George Norcross, a Democratic political power broker in New Jersey, has said the tax-incentive program has been instrumental in revitalizing the economically depressed city of Camden. Mr. Norcross is also chairman of the board of trustees of Cooper University Health Care and the executive chairman at the insurance brokerage Conner Strong & Buckelew, two Camden-based organizations that have come under scrutiny from the task force.

The EDA approved $40 million in tax credits for Cooper University Health Care in 2014 based on the belief that the organization would move jobs from New Jersey to Philadelphia, the report said.
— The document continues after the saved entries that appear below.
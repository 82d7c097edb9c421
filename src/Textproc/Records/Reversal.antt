-- ===== src/Textproc/Records/Reversal.antt =====
-- tac on lines that all end in the separator.
use mathlib.Core.List.{reverse, reverse-cons}
use mimixbox.Prelude.{
  ℕ, ◌≡◌, ◌≢◌, refl, ◌∙◌, sym, ap, List, [], ◌∷◌, ◌++◌, arith, Bytes, map, append_assoc, append-nil,
  All,
}
use mimixbox.Golang.Strings.{has_prefix}
use mimixbox.Golang.Strings.Split.{Lacks}
use mimixbox.Textproc.Records.{records_from, backwards, reverse_records}

-- The lines, each with the separator behind it.
unfoldable pub unlines : ℕ → List Bytes → Bytes
unlines b [] = []
unlines b (l ∷ ls) = l ++ b ∷ unlines b ls

module _ (b : ℕ) where
  records_from-hit :
      (cur s : Bytes)
      → records_from (b ∷ []) 0 cur (b ∷ s) ≡ (cur ++ b ∷ []) ∷ records_from (b ∷ []) 0 [] s
  unfolding records_from has_prefix
  records_from-hit [] s = ground arith
  records_from-hit (c ∷ cur) s = ground arith

  records_from-miss :
      (cur : Bytes) (a : ℕ) (s : Bytes)
      → a ≢ b
      → records_from (b ∷ []) 0 cur (a ∷ s) ≡ records_from (b ∷ []) 0 (cur ++ a ∷ []) s
  unfolding records_from has_prefix
  records_from-miss [] a s h = ground arith
  records_from-miss (c ∷ cur) a s h = ground arith

  records_from-line :
      (l cur s : Bytes)
      → Lacks b l
      → records_from (b ∷ []) 0 cur (l ++ b ∷ s)
        ≡ ((cur ++ l) ++ b ∷ []) ∷ records_from (b ∷ []) 0 [] s
  records_from-line [] cur s h =
      records_from-hit cur s
      ∙ ap (λ c. (c ++ b ∷ []) ∷ records_from (b ∷ []) 0 [] s) (sym (append-nil cur))
  records_from-line (a ∷ l) cur s h =
      records_from-miss cur a (l ++ b ∷ s) h.0
      ∙ records_from-line l (cur ++ a ∷ []) s h.1
      ∙ ap (λ c. (c ++ b ∷ []) ∷ records_from (b ∷ []) 0 [] s) (append_assoc cur (a ∷ []) l)

  abbrev ended : Bytes → Bytes
  ended l = l ++ b ∷ []

  records_from-nil : records_from (b ∷ []) 0 [] [] ≡ []
  unfolding records_from
  records_from-nil = refl

  records_from-unlines :
      (ls : List Bytes)
      → All (Lacks b) ls
      → records_from (b ∷ []) 0 [] (unlines b ls) ≡ map ended ls
  unfolding unlines
  records_from-unlines [] h = records_from-nil
  records_from-unlines (l ∷ ls) h =
      records_from-line l [] (unlines b ls) h.0
      ∙ ap (λ r. ended l ∷ r) (records_from-unlines ls h.1)

  unlines-append : (ls ms : List Bytes) → unlines b (ls ++ ms) ≡ unlines b ls ++ unlines b ms
  unfolding unlines
  unlines-append [] ms = refl
  unlines-append (l ∷ ls) ms =
      ap (λ r. l ++ (b ∷ r)) (unlines-append ls ms)
      ∙ sym (append_assoc l (b ∷ unlines b ls) (unlines b ms))

  backwards-unlines : (ls : List Bytes) → backwards (map ended ls) ≡ unlines b (reverse ls)
  unfolding backwards
  backwards-unlines [] = unfold unlines in refl
  backwards-unlines (l ∷ ls) =
      ap (λ r. r ++ ended l) (backwards-unlines ls)
      ∙ unfold unlines in
        sym (unlines-append (reverse ls) (l ∷ [])) ∙ ap (unlines b) (sym (reverse-cons l ls))

  -- Lines that lack the separator, a single byte, and have it behind them are written from the
  -- last to the first.
  pub reverse_records-unlines :
      (ls : List Bytes)
      → All (Lacks b) ls
      → reverse_records (unlines b ls) (b ∷ []) ≡ unlines b (reverse ls)
  unfolding reverse_records
  reverse_records-unlines ls h = ap backwards (records_from-unlines ls h) ∙ backwards-unlines ls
But those jobs were never truly at risk and $33 million in tax credits was awarded erroneously, the report said.

The task force said there was evidence that called into question whether Conner Strong & Buckelew, along with NFI, a supply-chain company, and Michaels Organization, a real-estate company, also misled New Jersey in their 2016 tax-credit applications. As they were trying to qualify for a total of nearly $245 million in tax credits to build a shared headquarters in Camden, they said they were considering a move to Philadelphia.

“We—my firm and its partners—have always complied with the letter and the spirit of the law,” Mr. Norcross said in a statement Thursday. “Nothing in today’s document changes that fact.”

When asked for comment, the Michaels Organization referred to the statement from Mr. Norcross.

“There is nothing new in the report,” an NFI spokeswoman said.

At a public hearing last year, Mr. Norcross told state lawmakers that Cooper never told the EDA its jobs were at risk of leaving the state. Mr. Norcross said new regulations issued in 2017 changed some requirements and added a component related to jobs at risk of leaving the state that differs from when Cooper applied in 2014.

The task force disputes that assessment and said Cooper wasn’t clear that it had no intention of moving out of state. According to the report, a Cooper official emailed colleagues in February 2019 about the company’s tax-credit application and included a term sheet for a potential site in Philadelphia that he said represented “a good faith effort to consider leaving the state as an option.”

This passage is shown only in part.